Quand Tyni lance un morceau, les pieds ne demandent pas la permission. Son reggae-dancehall taillé pour enflammer les dancefloors arrive avec la chaleur d'un été à Toamasina et l'énergie d'un sound system caribéen. La jeune artiste ne fait pas dans la demi-mesure — ni dans ses riddims, ni dans ses textes. Et elle compte bien faire voyager Madagascar avec elle.
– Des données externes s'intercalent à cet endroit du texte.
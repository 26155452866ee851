-- ===== src/Settings/Rows.antt =====
-- The cache without a key, and the first row with a key.
use nexcore_x_ui.Prelude.{
  ◌≡◌, refl, String, true, false, Option, none, some, List, [], ◌∷◌, ◌++◌, str_eq, eq_iff,
  if◌then◌else◌, arith, ◌==◌, Memᴰ, select_rows, update_rows, head?,
}
use nexcore_x_ui.Prelude.Maps.{Map, lookup}
use nexcore_x_ui.Model.{Setting}
use nexcore_x_ui.Settings.{CacheEntry, invalidate}

pub lookup-invalidate :
    (key j : String) (m : Map CacheEntry)
    → lookup j (invalidate key m) ≡ (if str_eq key j then none else lookup j m)
lookup-invalidate key j [] = ground arith
lookup-invalidate key j ((k, e) ∷ m) =
    ground (arith, eq_iff key j, eq_iff k j, eq_iff k key, lookup-invalidate key j m)

-- The first row with a key.
abbrev pub first_with : String → List Setting → Option Setting
first_with key [] = none
first_with key (r ∷ rs) = let rest = first_with key rs in if str_eq r.key key then some r else rest

pub first_with-select :
    (key : String) (rs : List Setting)
    → head? (select_rows (λ r. str_eq r.key key) rs) ≡ first_with key rs
first_with-select key [] = refl
first_with-select key (r ∷ rs) = ground (arith, first_with-select key rs)

pub first_with-append :
    (key : String) (rs : List Setting) (r : Setting)
    → first_with key (rs ++ r ∷ []) ≡ elim (first_with key rs) [
      | some q ↦ some q
      | none ↦ if str_eq r.key key then some r else none
    ]
first_with-append key [] r = refl
first_with-append key (q ∷ rs) r = ground (arith, first_with-append key rs r)

-- An UPDATE of the row of one key is not seen under another.
pub first_with-update :
    (key : String) (new : Setting) (rs : List Setting)
    → str_eq new.key key ≡ false
    → ((r : Setting) → Memᴰ r rs → (r.id == new.id) ≡ true → str_eq r.key key ≡ false)
    → first_with key (update_rows (λ r. r.id == new.id) (λ _. new) rs) ≡ first_with key rs
first_with-update key new [] other apart = refl
first_with-update key new (r ∷ rs) other apart = ground (
  arith,
  apart r (Memᴰ.head refl),
  first_with-update key new rs other (λ q m. apart q (Memᴰ.tail m)),
)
Il y a dans la musique de Tyni quelque chose d'immédiat, de physique — ce genre de son qui court-circuite le cerveau et va directement aux hanches. Son reggae-dancehall ne cherche pas à être subtil : il frappe, il pulse et embarque. Les influences caribéennes sont là, assumées, mais le soleil qui les chauffe est clairement malgache. New Jamaïque, son clip le plus marquant, tourné à Toamasina avant le passage du cyclone, capture exactement ça — une ville, une ambiance, une énergie collective suspendue dans le temps. Le clip est devenu, malgré lui, une archive d'un instant disparu. « Aujourd'hui, il a une valeur émotionnelle très forte », confie-t-elle. Derrière l'artiste, il y a une diplômée en marketing et communication digitale qui, il y a deux ans, a posé ses dossiers pour ne plus les reprendre. La musique ou rien.
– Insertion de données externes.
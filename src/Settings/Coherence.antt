-- ===== src/Settings/Coherence.antt =====
-- The invariant of the cache: an entry is what a read of the table would put there.
use nexcore_x_ui.Prelude.{
  ℕ, ◌≡◌, ◌≢◌, refl, sym, ap, ◌∙◌, String, Bool, true, false, Option, none, some, List, [], ◌∷◌,
  str_eq, eq_iff, any, arith, Bool-cases, Option-cases, inl, inr, ◌==◌, Memᴰ, ltb, distinct-eq,
  mem_of_select, all_of_mem, any_of_mem, head?,
}
use mathlib.Core.Path.{subst}
use nexcore_x_ui.Prelude.Maps.{lookup, insert, lookup-insert}
use nexcore_x_ui.Exec.{Result, ok, err, ◌>>=◌, continue}
use nexcore_x_ui.Model.{Setting}
use nexcore_x_ui.Table.{Table}
use nexcore_x_ui.Table.Schemas.{settings_schema}
use nexcore_x_ui.Settings.{
  CacheEntry, absent, found, invalidate, Env, SettingStore, read, stored, cache_reset,
  cache_invalidate, with_key, get_setting, default_value, opened, put_opened, value_of_row,
  cached_or_read, get_string, sealed, save_row, save_sealed, save_setting, reset_settings,
}
use nexcore_x_ui.Settings.Rows.{
  first_with, first_with-select, first_with-append, first_with-update, lookup-invalidate,
}

-- What the cache may hold for the first row with a key.
abbrev pub entry_of : Result String → Option CacheEntry
entry_of (ok v) = some (found v)
entry_of (err e) = none

abbrev pub fresh : Env → String → Option Setting → Option CacheEntry
fresh env key none = some absent
fresh env key (some r) = entry_of (opened env key r.value)

-- The calls that change the table or the cache.
pub data Call : Type 0 where
  read_setting : String → Call
  write_setting : String → String → String → Call
  clear : Call

module _ (tbl : Table settings_schema) (env : Env) where
  abbrev pub Store : Type 0
  Store = SettingStore tbl

  -- The store that a call leaves, whether it succeeds or not.
  unfoldable pub step : Call → Store → Store
  unfolding get_string save_setting reset_settings
  step (read_setting key) s = (get_string tbl env key s).1
  step (write_setting nonce key value) s = (save_setting tbl env nonce key value s).1
  step clear s = (reset_settings tbl s).1

  unfoldable pub after : List Call → Store → Store
  unfolding step
  after [] s = s
  after (c ∷ cs) s = after cs (step c s)

  abbrev pub rows_of : Store → List Setting
  rows_of s = tbl.rows s.table

  abbrev pub Coherent : Store → Type 0
  Coherent s =
      (k : String) (e : CacheEntry)
      → lookup k s.cache ≡ some e
      → fresh env k (first_with k (rows_of s)) ≡ some e

  cached-Coherent :
      (key : String) (e : CacheEntry) (s : Store)
      → fresh env key (first_with key (rows_of s)) ≡ some e
      → Coherent s
      → Coherent (record s { cache = insert key e s.cache })
  cached-Coherent key e s now c k d h = elim (Bool-cases (str_eq key k)) [
    | inl same ↦
        (let same_e : some e ≡ some d = sym (rw same at (lookup-insert key k e s.cache)) ∙ h in
          ap (λ j. fresh env j (first_with j (rows_of s))) (sym ((eq_iff key k).0 same))
          ∙ now
          ∙ same_e)
    | inr other ↦ c k d (sym (rw other at (lookup-insert key k e s.cache)) ∙ h)
  ]

  pub selected :
      (key : String) (s : Store) {rs : List Setting}
      → tbl.select (with_key tbl key) s.table ≡ some rs
      → first_with key (rows_of s) ≡ head? rs
  selected key s h =
      sym (
        ap head? (tbl.select-rows (with_key tbl key) s.table h) ∙ first_with-select key (rows_of s))

  opened-Coherent :
      (key : String) (r : Setting) (s : Store) (o : Result String)
      → opened env key r.value ≡ o
      → first_with key (rows_of s) ≡ some r
      → Coherent s
      → Coherent (put_opened tbl key o s).1
  opened-Coherent key r s (err e) is first c = c
  opened-Coherent key r s (ok v) is first c =
      cached-Coherent key (found v) s (ap (fresh env key) first ∙ ap entry_of is) c

  default-same : (key : String) (s : Store) → (default_value tbl env key s).1 ≡ s
  unfolding default_value
  default-same key s = elim (Option-cases (lookup key env.defaults)) [
    | inl unknown ↦ rw unknown refl
    | inr (v, known) ↦ rw known refl
  ]

  read-Coherent :
      (key : String) (s : Store) (found_rows : Option (List Setting))
      → tbl.select (with_key tbl key) s.table ≡ found_rows
      → Coherent s
      → Coherent (continue (read tbl found_rows s) (value_of_row tbl env key)).1
  read-Coherent key s none h c = c
  read-Coherent key s (some []) h c =
      let s' = record s { cache = insert key absent s.cache } in
      let put : Coherent s' =
        cached-Coherent key absent s (ap (fresh env key) (selected key s h)) c in
      subst Coherent (sym (default-same key s')) put
  read-Coherent key s (some (r ∷ rs)) h c =
      opened-Coherent key r s (opened env key r.value) refl (selected key s h) c

  lookup-Coherent :
      (key : String) (s : Store) (o : Option CacheEntry)
      → Coherent s
      → Coherent (cached_or_read tbl env key o s).1
  unfolding get_setting
  lookup-Coherent key s none c = read-Coherent key s (tbl.select (with_key tbl key) s.table) refl c
  lookup-Coherent key s (some e) c = elim (Bool-cases e.present) [
    | inl there ↦ rw there c
    | inr missing ↦ rw missing (subst Coherent (sym (default-same key s)) c)
  ]

  get_string-Coherent :
      (key : String) (s : Store) → Coherent s → Coherent (get_string tbl env key s).1
  unfolding get_string
  get_string-Coherent key s c = lookup-Coherent key s (lookup key s.cache) c

  -- A write under a key whose cached value is dropped.
  written-Coherent :
      (key : String) (s : Store) (t : tbl.Tab)
      → ((k : String) → str_eq key k ≡ false → first_with k (tbl.rows t) ≡ first_with k (rows_of s))
      → Coherent s
      → Coherent (record s { table = t; cache = invalidate key s.cache })
  written-Coherent key s t others c k e h = elim (Bool-cases (str_eq key k)) [
    | inl same ↦ cc (rw same at (lookup-invalidate key k s.cache), h)
    | inr other ↦
        ap (fresh env k) (others k other)
        ∙ c k e (sym (rw other at (lookup-invalidate key k s.cache)) ∙ h)
  ]

  created-others :
      (key value : String) (s : Store) {n : ℕ} {t : tbl.Tab}
      → tbl.create (record { id = 0; key = key; value = value }) s.table ≡ some (n, t)
      → (k : String) → str_eq key k ≡ false
      → first_with k (tbl.rows t) ≡ first_with k (rows_of s)
  created-others key value s {n} h k other =
      let row : Setting = record { id = n; key = key; value = value } in
      ap (first_with k) (tbl.create-rows (record { id = 0; key = key; value = value }) s.table h)
      ∙ first_with-append k (rows_of s) row
      ∙ elim (Option-cases (first_with k (rows_of s))) [
        | inl no_row ↦ rw no_row (rw other refl)
        | inr (q, some_row) ↦ rw some_row refl
      ]

  same_id : Setting → Setting → Bool
  same_id a b = a.id == b.id

  saved-others :
      (key value : String) (r : Setting) (s : Store) {n : ℕ} {t : tbl.Tab}
      → Memᴰ r (rows_of s)
      → str_eq r.key key ≡ true
      → tbl.save (record r { key = key; value = value }) s.table ≡ some (n, t)
      → (k : String) → str_eq key k ≡ false
      → first_with k (tbl.rows t) ≡ first_with k (rows_of s)
  saved-others key value r s here named h k other =
      let new : Setting = record r { key = key; value = value } in
      let positive : r.id ≢ 0 = ground (
        arith,
        all_of_mem (λ (q : Setting). ltb 0 q.id) (rows_of s) (tbl.keys_positive s.table) here,
      ) in
      let present : any (λ (q : Setting). q.id == r.id) (rows_of s) ≡ true =
        any_of_mem (λ (q : Setting). q.id == r.id) (rows_of s) here (ground arith) in
      ap (first_with k) (tbl.save-rows_old new s.table positive present h)
      ∙ first_with-update k new (rows_of s) other (λ q m same.
        let one : q ≡ r =
          distinct-eq (λ (a b : Setting). a.id == b.id) (λ a b. ground arith) (rows_of s)
            (tbl.keys_unique s.table) here m (ground arith) in
        ap (λ (x : Setting). str_eq x.key k) one
        ∙ ap (λ n. str_eq n k) ((eq_iff r.key key).0 named)
        ∙ other)

  stored-Coherent :
      (key : String) (s : Store) (o : Option (ℕ × tbl.Tab))
      → ((n : ℕ) (t : tbl.Tab) (k : String)
          → o ≡ some (n, t)
          → str_eq key k ≡ false
          → first_with k (tbl.rows t) ≡ first_with k (rows_of s))
      → Coherent s
      → Coherent (continue (stored tbl o s) (λ _. cache_invalidate tbl key)).1
  stored-Coherent key s none others c = c
  stored-Coherent key s (some (n, t)) others c =
      written-Coherent key s t (λ k other. others n t k refl other) c

  save_found-Coherent :
      (key value : String) (s : Store) (rows : Option (List Setting))
      → tbl.select (with_key tbl key) s.table ≡ rows
      → Coherent s
      → Coherent
          (continue
            (read tbl rows s)
            (λ rs. save_row tbl key value rs >>= λ _. cache_invalidate tbl key)).1
  save_found-Coherent key value s none h c = c
  save_found-Coherent key value s (some []) h c =
      stored-Coherent key s (tbl.create (record { id = 0; key = key; value = value }) s.table)
        (λ n t k made other. created-others key value s made k other) c
  save_found-Coherent key value s (some (r ∷ rs)) h c =
      let (here, named) =
        mem_of_select (λ (q : Setting). str_eq q.key key) (rows_of s)
          (subst (Memᴰ r) (tbl.select-rows (with_key tbl key) s.table h) (Memᴰ.head refl)) in
      stored-Coherent key s (tbl.save (record r { key = key; value = value }) s.table)
        (λ n t k made other. saved-others key value r s here named made k other) c

  save_sealed-Coherent :
      (key : String) (o : Result String) (s : Store)
      → Coherent s
      → Coherent (save_sealed tbl key o s).1
  unfolding get_setting
  save_sealed-Coherent key (err e) s c = c
  save_sealed-Coherent key (ok value) s c =
      save_found-Coherent key value s (tbl.select (with_key tbl key) s.table) refl c

  emptied-Coherent :
      (s : Store) (o : Option (ℕ × tbl.Tab))
      → Coherent s
      → Coherent (continue (stored tbl o s) (λ _. cache_reset tbl)).1
  emptied-Coherent s none c = c
  emptied-Coherent s (some (n, t)) c = λ k e h. cc

  step-Coherent : (a : Call) (s : Store) → Coherent s → Coherent (step a s)
  unfolding step get_string save_setting reset_settings
  step-Coherent (read_setting key) s c = get_string-Coherent key s c
  step-Coherent (write_setting nonce key value) s c =
      save_sealed-Coherent key (sealed env nonce key value) s c
  step-Coherent clear s c = emptied-Coherent s (tbl.delete (λ _. true) s.table) c

  pub after-Coherent : (cs : List Call) (s : Store) → Coherent s → Coherent (after cs s)
  unfolding after
  after-Coherent [] s c = c
  after-Coherent (a ∷ cs) s c = after-Coherent cs (step a s) (step-Coherent a s c)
Tyni ne mâche pas ses mots — et ce n'est pas une façon de parler. Ses textes s'ancrent dans le réel, dans ce qui se vit et s'observe, avec une franchise qui ne va pas par quatre chemins. « Je raconte ce que je vois, avec mon style, mon énergie, parfois une touche d'ego trip », dit-elle sans détour. L'idée : que les gens se reconnaissent, qu'ils vibrent, qu'ils passent un vrai moment. Pas de storytelling fabriqué, pas de pose. Elle écrit comme elle parle — direct, chaud, sans filtre superflu. Ce côté frontal tranche dans un paysage musical local où l'on arrondit parfois les angles. Chez Tyni, les angles restent. C'est précisément ce qui accroche.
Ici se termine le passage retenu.